第五話 天下布部、丑の刻参り女追跡捕獲作戦-3
「くすんくすん。このあたりは洛中から鞍馬街道へ入る分岐点。鞍馬山への入り口にあたる、深泥池です……」
「深泥池!? って、日本一有名なタクシー怪談の名所ではないですかっ? 嫌ですう宇喜多先生、時速120キロですっ飛ばしてくださいですう! まーた出るですう!」
「やだね。オレには愛娘がいるんだ、もうスピードはあげねえよ。それにこの車はよう、タクシーじゃねーしよ」
《深泥池、キタコレ》
《タクシー怪談ってなに?》
《夜、女の幽霊がタクシーに乗ってきて、気づくと座席から消えていてシートは水浸しっていう定番の都市伝説だよ》
《怪談自体はよくある話だけど、深泥池が発祥の地なんだ》
《次から次へと心霊スポットを通過しなきゃ貴船神社に着かないのか。
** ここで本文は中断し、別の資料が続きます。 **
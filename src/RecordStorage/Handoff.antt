-- ===== src/RecordStorage/Handoff.antt =====
-- node-stm32f103/common/storage/update_handoff_storage.c: the update handoff in the external metadata
-- sectors, next to the download checkpoint.
use secure_delta_ota_bootloa.Base.{Option}
use secure_delta_ota_bootloa.UpdateHandoff.{UpdateHandoff}
use secure_delta_ota_bootloa.NorFlash.{NorFlash}
use secure_delta_ota_bootloa.RecordStorage
use secure_delta_ota_bootloa.RecordStorage.{StoreResult}
use secure_delta_ota_bootloa.RecordStorage.Kinds.{handoff_kind, checkpoint_kind}

module _ (nor : NorFlash) where
  open nor use {Device}

  unfoldable pub load : Device → StoreResult UpdateHandoff Device
  unfolding RecordStorage.load
  load d = RecordStorage.load handoff_kind nor d

  unfoldable pub commit : Option UpdateHandoff → Device → StoreResult UpdateHandoff Device
  unfolding RecordStorage.commit
  commit requested d = RecordStorage.commit handoff_kind nor checkpoint_kind requested d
京都、魔界すぎるだろ》
官兵衛が車窓を開いて身を乗り出し、深夜の深泥池を撮影開始。
深泥池は十万年以上も昔から存在する日本最古の池で、池に生息するあらゆる動植物が天然記念物。故に、ほとんど手つかずのままの自然を保っていて、池というよりも沼。しかも夜中なので周囲は真っ暗。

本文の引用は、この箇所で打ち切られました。